Bylaws (incorporated by reference to Exhibit 3(ii) to Registrant’s Form 8-K, filed on July 17, 2025).

   

31.1*

Rule 13a-14(a)/15d-14(a) Certification of Principal Executive Officer

   

31.2*

Rule 13a-14(a)/15d-14(a) Certification of Principal Financial Officer

   
104 Cover Page for Interactive Data File (embedded with the Inline XBRL document)

 

 

*Filed or furnished herewith.

 

 

 

SIGNATURES

 

Pursuant to the requirements of Section 13 or 15(d) of the Securities Exchange Act of 1934, as amended, the registrant has duly caused this report to be signed on its behalf by the undersigned, thereunto duly authorized.

 

 

  STEELE BANCORP, INC.
     
     
Date: May 6, 2026      
     
 

By:

/s/ Thomas C. Graver, Jr.
   

Thomas C. Graver, Jr., Senior Executive Vice President and Chief Financial Officer

 

 

 

 

 

 

FAQ

What does Steele Bancorp, Inc. (STLE) change in this Form 10-Q/A?

Steele Bancorp’s amendment only corrects the exhibit reference for its Bylaws, pointing instead to Exhibit 3(ii) of a Form 8-K filed July 17, 2025. No financial data or other disclosures from the original June 30, 2025 quarterly report are revised.

Does Steele Bancorp’s Form 10-Q/A for June 30, 2025 change any financial results?

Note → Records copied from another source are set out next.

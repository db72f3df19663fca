-- ===== src/Fat/Path.antt =====
-- kernel/fat.c: the names of files, from `getchecksum` to `splitpath`. A name has 8 characters and 3
-- more, with spaces behind the shorter ones; a path has no 0 in it.
pub mod Names
use chouryos.Base.{
  ℕ, ◌+◌, ◌-◌, ◌/◌, ◌%◌, Bool, true, false, ◌&&◌, List, [], ◌∷◌, ◌++◌, map, length, take, replicate,
  ◌==◌, ltb, leb, if◌then◌else◌, u8,
}
use chouryos.Hd.{Sector}

-- `getchecksum`
unfoldable pub sum_from : List ℕ → ℕ → ℕ
sum_from [] sum = sum
sum_from (c ∷ cs) sum = sum_from cs (u8 ((if sum % 2 == 1 then 0x80 else 0) + sum / 2 + c))

unfoldable pub getchecksum : List ℕ → ℕ
getchecksum name = sum_from name 0

-- `cmpname`: of a name with the characters in memory from `at` on.
unfoldable pub cmpname : List ℕ → Sector → ℕ → Bool
cmpname [] b at = true
cmpname (c ∷ cs) b at = let rest = cmpname cs b (at + 1) in if c == b at then rest else false

-- `toupper` of a letter that `islower`, any other character as it is.
abbrev pub upper : ℕ → ℕ
upper c = if leb 97 c && leb c 122 then c - 32 else c

-- What is before the first dot of a path, and what is behind it.
unfoldable pub before_dot : List ℕ → List ℕ
before_dot [] = []
before_dot (c ∷ cs) = let rest = before_dot cs in if c == b'.' then [] else c ∷ rest

unfoldable pub behind_dot : List ℕ → List ℕ
behind_dot [] = []
behind_dot (c ∷ cs) = let rest = behind_dot cs in if c == b'.' then cs else rest

-- Upper case, and spaces up to `n` characters.
abbrev pub padded : ℕ → List ℕ → List ℕ
padded n cs = map upper cs ++ replicate (n - length cs) b' '

abbrev pub short_name : List ℕ → List ℕ
short_name cs = if ltb 8 (length cs) then take 6 cs ++ (b'~' ∷ b'1' ∷ []) else padded 8 cs

unfoldable pub splitpath : List ℕ → List ℕ
splitpath path = short_name (before_dot path) ++ padded 3 (take 3 (behind_dot path))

The amendment does not change any financial results. It is filed solely to correct the reference to the Bylaws exhibit in the original Form 10-Q. The company explicitly states that no other aspects of the original filing are updated or revised.

Which exhibit is corrected in Steele Bancorp (STLE) Form 10-Q/A?

The correction applies to Exhibit 3.2, the Bylaws. The reference is changed from an S-4 registration statement exhibit to Exhibit 3(ii) of Steele Bancorp’s Form 8-K filed on July 17, 2025, as reflected in the updated exhibit index in the amendment.

Why does Steele Bancorp include new officer certifications in this 10-Q amendment?

Under Rule 12b-15, an amendment must include new certifications from the principal executive and financial officers. Steele Bancorp files updated Rule 13a-14(a)/15d-14(a) certifications but omits Section 906 certifications because the amendment includes no financial statements.

How many Steele Bancorp (STLE) shares were outstanding around this amended 10-Q?

As of August 14, 2025, Steele Bancorp had 3,405,061 shares of voting common stock outstanding. This figure provides context for the company’s equity base at the time of the original Form 10-Q filing referenced by the amendment.